In PHP, the substr_count() function is a very efficient tool, which is used to calculate the number of times a substring appears in a string. However, substr_count() is by default. This is both a convenience and a pitfall for developers: in some scenarios we need to distinguish case-sensitively to process sensitive information, such as distinguishing the frequency of "Word" and "word".
This article will explain through examples how to use substr_count() to achieve case-sensitive substring counting, and analyze its behavior and potential considerations.
The function signature of substr_count() is as follows:
int substr_count ( string $haystack , string $needle [, int $offset = 0 [, int $length ]] )
$haystack is the main string to be searched for.
$needle is the substring we want to count.
$offset and $length are optional parameters that allow us to search only for a certain part of the string.
Example:
$text = "GitBox.net yes gitbox.net Example of subdomain name";
$count = substr_count($text, "gitbox.net");
echo "gitbox.net Appeared {$count} Second-rate";
The output will be:
gitbox.net Appeared 1 Second-rate
As you can see, substr_count() is case sensitive, so it does not count GitBox.net .

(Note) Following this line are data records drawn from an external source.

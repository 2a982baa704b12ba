-- ===== src/Store/Waits.antt =====
-- Delegations and the waits of a parent run for its children in harness/storage/store.py.
use mi_harness.Prelude.{
  ℕ, ◌+◌, String, Bool, not, ◌&&◌, ◌||◌, Option, none, some, List, [], ◌∷◌, ◌++◌, map, ◌==◌, same,
  is_some, select, any, find_row, update_rows,
}
use mi_harness.Exec.{
  pure, gets, transaction, modify, new_id, ◌>>=◌, ◌>>◌, require, or_raise, not_found,
  revision_conflict, integrity,
}
use mi_harness.Core.{CheckpointRef}
use mi_harness.Store.Schema.{RunRow, Resolution, DependencyRow, WaitMode, WaitRow, Database, Db}
use mi_harness.Store.Runs.{find_run, owned_by, run}

-- Store.dependency
unfoldable pub dependency : String → Db (Option DependencyRow)
dependency key =
    gets (λ d. find_row (λ (x : DependencyRow). same x.delegation_key key) d.run_dependencies)

abbrev dependency_clashes : String → String → String → DependencyRow → Bool
dependency_clashes parent child key x =
    same x.delegation_key key || same x.parent_id parent && same x.child_id child

-- Store.add_dependency
unfoldable pub add_dependency : String → String → String → String → Db Unit
add_dependency parent child key args_hash = do
  taken ← gets (λ d. any (dependency_clashes parent child key) d.run_dependencies)
  known ← gets (λ d. is_some (find_run parent d) && is_some (find_run child d))
  require (not taken && known) integrity
  modify (λ d. record d {
    run_dependencies =
        d.run_dependencies
        ++ record {
          parent_id = parent;
          child_id = child;
          delegation_key = key;
          args_hash = args_hash;
        }
          ∷ [];
  })

-- The runs of a list of identifiers; a missing one raises.
unfoldable pub runs_of : List String → Db (List RunRow)
runs_of [] = pure []
runs_of (k ∷ ks) = let rest = runs_of ks in do r ← run k none; rs ← rest; pure (r ∷ rs)

abbrev pub child_ids_of : String → Database → List String
child_ids_of parent d =
    map (λ (x : DependencyRow). x.child_id)
      (select (λ (x : DependencyRow). same x.parent_id parent) d.run_dependencies)

-- Store.children
unfoldable pub children : String → Db (List RunRow)
unfolding runs_of
children parent = do ids ← gets (child_ids_of parent); runs_of ids

abbrev pub with_wait_id : String → WaitRow → Bool
with_wait_id identity w = same w.id identity

-- Store.wait
unfoldable pub wait : String → Db WaitRow
wait identity = do
  found ← gets (λ d. find_row (with_wait_id identity) d.run_waits)
  or_raise not_found found

new_wait : String → String → List String → WaitMode → Db WaitRow
new_wait parent key child_ids mode = do
  identity ← new_id
  taken ← gets (λ d. any (with_wait_id identity) d.run_waits)
  known ← gets (λ d. is_some (find_run parent d))
  require (not taken && known) integrity
  modify (λ d. record d {
    run_waits =
        d.run_waits
        ++ record {
          id = identity;
          parent_id = parent;
          request_key = key;
          child_ids = child_ids;
          mode = mode;
          interrupt_id = none;
          checkpoint_ref = none;
          resolution = none;
          revision = 1;
        }
          ∷ [];
  })
  wait identity

known_or_new_wait : Option WaitRow → String → String → List String → WaitMode → Db WaitRow
known_or_new_wait (some w) parent key child_ids mode = pure w
known_or_new_wait none parent key child_ids mode = new_wait parent key child_ids mode

-- Store.add_wait
unfoldable pub add_wait : String → String → List String → WaitMode → Db WaitRow
unfolding known_or_new_wait new_wait
add_wait parent key child_ids mode = transaction (do
  found ← gets (λ d.
      find_row (λ (w : WaitRow). same w.parent_id parent && same w.request_key key) d.run_waits)
  known_or_new_wait found parent key child_ids mode)

-- Store.waits
unfoldable pub waits : Option String → Db (List WaitRow)
waits parent = gets (λ d. select (λ (w : WaitRow). owned_by parent w.parent_id) d.run_waits)

abbrev wait_at : String → ℕ → WaitRow → Bool
wait_at identity expected w = same w.id identity && w.revision == expected

-- Store.update_wait
unfoldable pub update_wait :
    String → ℕ → Option String → Option CheckpointRef → Option Resolution → Db Unit
update_wait identity expected interrupt_id checkpoint resolution = do
  count ← gets (λ d. any (wait_at identity expected) d.run_waits)
  modify (λ d. record d {
    run_waits =
        update_rows (wait_at identity expected)
          (λ w. record w {
            interrupt_id = interrupt_id;
            checkpoint_ref = checkpoint;
            resolution = resolution;
            revision = w.revision + 1;
          })
          d.run_waits;
  })
  require count revision_conflict
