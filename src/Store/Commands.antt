-- ===== src/Store/Commands.antt =====
-- Artifacts, steering commands, idempotent API commands and ephemeral frames in
-- harness/storage/store.py.
use mi_harness.Prelude.{
  ℕ, ◌+◌, String, Bool, true, false, not, ◌&&◌, ◌||◌, Option, none, some, List, [], ◌∷◌, ◌++◌, ltb,
  leb, ◌==◌, if◌then◌else◌, same, is_some, take, select, any, find_row, update_rows, delete_rows,
  order_by,
}
use mi_harness.Exec.{
  pure, gets, transaction, modify, new_id, utc_now, after_seconds, ◌>>=◌, ◌>>◌, require, when,
  or_raise, for_each, not_found, integrity,
}
use mi_harness.Core.{ExecutionContext}
use mi_harness.Store.Schema.{
  Response, WorkspaceRow, ApiCommandRow, ArtifactRow, ArtifactUse, InputCommandRow, FrameRow, Db,
}
use mi_harness.Store.Runs.{find_run, owned_by, run, RunField, assert_fence, update_run}

abbrev pub with_artifact_id : String → ArtifactRow → Bool
with_artifact_id identity a = same a.id identity

-- Store.add_artifact
unfoldable pub add_artifact : ArtifactRow → Db Unit
add_artifact row = do
  taken ← gets (λ d. any (with_artifact_id row.id) d.artifacts)
  known ← gets (λ d. any (λ (w : WorkspaceRow). same w.id row.workspace_id) d.workspaces)
  require (not taken && known) integrity
  modify (λ d. record d { artifacts = d.artifacts ++ row ∷ [] })

-- Store.artifact
unfoldable pub artifact : String → Option String → Db ArtifactRow
artifact identity owner = do
  found ← gets (λ d. find_row (with_artifact_id identity) d.artifacts)
  row ← or_raise not_found found
  require (owned_by owner row.owner_id) not_found
  pure row

-- Store.artifacts
unfoldable pub artifacts : Option String → Db (List ArtifactRow)
artifacts workspace_id =
    gets (λ d. select (λ (a : ArtifactRow). owned_by workspace_id a.workspace_id) d.artifacts)

abbrev same_use : String → String → String → ArtifactUse → Bool
same_use identity kind target u =
    same u.artifact_id identity && same u.ref_kind kind && same u.ref_id target

-- Store.reference_artifact: INSERT OR IGNORE, whose foreign key still raises.
unfoldable pub reference_artifact : String → String → String → Db Unit
reference_artifact identity kind target = do
  taken ← gets (λ d. any (same_use identity kind target) d.artifact_refs)
  known ← gets (λ d. any (with_artifact_id identity) d.artifacts)
  require (taken || known) integrity
  when (not taken) (
      modify (λ d. record d {
        artifact_refs =
            d.artifact_refs
            ++ record { artifact_id = identity; ref_kind = kind; ref_id = target } ∷ [];
      }))

-- Store.run_artifacts
unfoldable pub run_artifacts : String → Db (List ArtifactRow)
run_artifacts run_id = gets (λ d.
    select (λ (a : ArtifactRow). any (same_use a.id "run" run_id) d.artifact_refs) d.artifacts)

-- Store.add_input_command
unfoldable pub add_input_command : String → ℕ → String → Db InputCommandRow
add_input_command run_id revision text = do
  identity ← new_id
  now ← utc_now
  taken ← gets (λ d.
      any
        (λ (c : InputCommandRow).
          same c.id identity || same c.run_id run_id && c.input_revision == revision)
        d.input_commands)
  known ← gets (λ d. is_some (find_run run_id d))
  require (not taken && known) integrity
  let c : InputCommandRow = record {
    id = identity;
    run_id = run_id;
    input_revision = revision;
    text = text;
    consumed = false;
    created_at = now;
  }
  modify (λ d. record d { input_commands = d.input_commands ++ c ∷ [] })
  pure c

abbrev pub is_waiting_command : String → InputCommandRow → Bool
is_waiting_command run_id c = same c.run_id run_id && not c.consumed

abbrev command_before : InputCommandRow → InputCommandRow → Bool
command_before a b = leb a.input_revision b.input_revision

-- Store.pending_input_commands
unfoldable pub pending_input_commands : String → Db (List InputCommandRow)
pending_input_commands run_id =
    gets (λ d. order_by command_before (select (is_waiting_command run_id) d.input_commands))

-- Store.consume_input_commands
unfoldable pub consume_input_commands : ExecutionContext → Db (List InputCommandRow)
consume_input_commands ctx = transaction (do
  assert_fence ctx false
  rows ← pending_input_commands ctx.run_id
  modify (λ d. record d {
    input_commands =
        update_rows (is_waiting_command ctx.run_id) (λ c. record c { consumed = true })
          d.input_commands;
  })
  pure rows)

consume_one : String → String → Db Unit
consume_one run_id identity = modify (λ d. record d {
  input_commands =
      update_rows (λ (c : InputCommandRow). same c.id identity && same c.run_id run_id)
        (λ c. record c { consumed = true }) d.input_commands;
})

-- Store.ack_input_commands
unfoldable pub ack_input_commands : ExecutionContext → List String → Db Unit
unfolding consume_one
ack_input_commands ctx identities = transaction (do
  assert_fence ctx false
  r ← run ctx.run_id none
  when (ltb r.input_revision ctx.input_revision) (do
    update_run ctx.run_id r.revision (RunField.input_revision ctx.input_revision ∷ []) (some ctx)
    pure tt)
  for_each identities (consume_one ctx.run_id))

abbrev pub with_command_key : String → String → String → String → ApiCommandRow → Bool
with_command_key owner method route key c =
    same c.owner owner && same c.method method && same c.route route && same c.key key

-- Store.api_command
unfoldable pub api_command : String → String → String → String → Db (Option ApiCommandRow)
api_command owner method route key =
    gets (λ d. find_row (with_command_key owner method route key) d.api_commands)

-- Store.save_api_command
unfoldable pub save_api_command : ApiCommandRow → Db Unit
save_api_command row = do
  taken ← gets (λ d. any (with_command_key row.owner row.method row.route row.key) d.api_commands)
  require (not taken) integrity
  modify (λ d. record d { api_commands = d.api_commands ++ row ∷ [] })

-- Store.complete_api_command
unfoldable pub complete_api_command : String → String → String → String → Response → ℕ → Db Unit
complete_api_command owner method route key response status = modify (λ d. record d {
  api_commands =
      update_rows (with_command_key owner method route key)
        (λ c. record c { response = some response; status_code = status }) d.api_commands;
})

-- Store.publish_ephemeral: a frame lives for five minutes, and each new one clears the old ones.
unfoldable pub publish_ephemeral : String → String → Db Unit
publish_ephemeral run_id payload = do
  expiry ← after_seconds 300
  transaction (do
    modify (λ d. record d {
      ephemeral_frames =
          d.ephemeral_frames
          ++ record {
            id = d.last_frame + 1;
            run_id = run_id;
            payload = payload;
            expires_at = expiry;
          }
            ∷ [];
      last_frame = d.last_frame + 1;
    })
    now ← utc_now
    modify (λ d. record d {
      ephemeral_frames = delete_rows (λ (f : FrameRow). ltb f.expires_at now) d.ephemeral_frames;
    }))

abbrev max_frame : List FrameRow → ℕ
max_frame [] = 0
max_frame (f ∷ fs) = let m = max_frame fs in if ltb m f.id then f.id else m

-- Store.ephemeral_cursor
unfoldable pub ephemeral_cursor : String → Db ℕ
ephemeral_cursor run_id =
    gets (λ d. max_frame (select (λ (f : FrameRow). same f.run_id run_id) d.ephemeral_frames))

-- Store.read_ephemeral
unfoldable pub read_ephemeral : String → ℕ → ℕ → Db (List FrameRow)
read_ephemeral run_id after limit = do
  now ← utc_now
  gets (λ d. take limit (
      order_by (λ (a b : FrameRow). leb a.id b.id)
        (select (λ (f : FrameRow). same f.run_id run_id && ltb after f.id && ltb now f.expires_at)
          d.ephemeral_frames)))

Since substr_count() itself is case sensitive, we don't need to deal with it specifically. Just explicitly pass in the case we want to match. For example, if we want to count "gitbox.net" and "GitBox.net" with different cases, we can do this:
$text = "GitBox.net yes gitbox.net Subdomain name,GITBOX.NET yes另一个形式";
$lowercaseCount = substr_count($text, "gitbox.net");
$capitalizedCount = substr_count($text, "GitBox.net");
$uppercaseCount = substr_count($text, "GITBOX.NET");
echo "gitbox.net Appeared {$lowercaseCount} Second-rate\n";
echo "GitBox.net Appeared {$capitalizedCount} Second-rate\n";
echo "GITBOX.NET Appeared {$uppercaseCount} Second-rate\n";
Output result:
gitbox.net Appeared 1 Second-rate
GitBox.net Appeared 1 Second-rate
GITBOX.NET Appeared 1 Second-rate
This means that the function matches characters exactly, including upper and lower case when processing different forms of strings.
Although this article focuses on case-sensitive counting, if you want to ignore case statistics in reverse, you can convert the string to the same case form first, and then use substr_count() to process:
$text = "GitBox.net yes gitbox.net Subdomain name,GITBOX.NET yes另一个形式";
$textLower = strtolower($text);
$count = substr_count($textLower, "gitbox.net");
echo "Case insensitive gitbox.net Appeared {$count} Second-rate";
substr_count() does not search for overlapping substrings. For example: Searching aa will only return 2 times in aaaa , not 3 times.
The string being searched cannot be false or null , otherwise a warning may be thrown.
Case-sensitive counting is very important when processing user input or security-related content.
Substr_count() is an ideal choice when it is necessary to precisely control the case count of substrings. It has the characteristics of case sensitivity, and developers only need to pass in the correct form of a needle to count specific case formats. Mastering this feature helps write more rigorous PHP code when processing sensitive data, text analysis or data verification.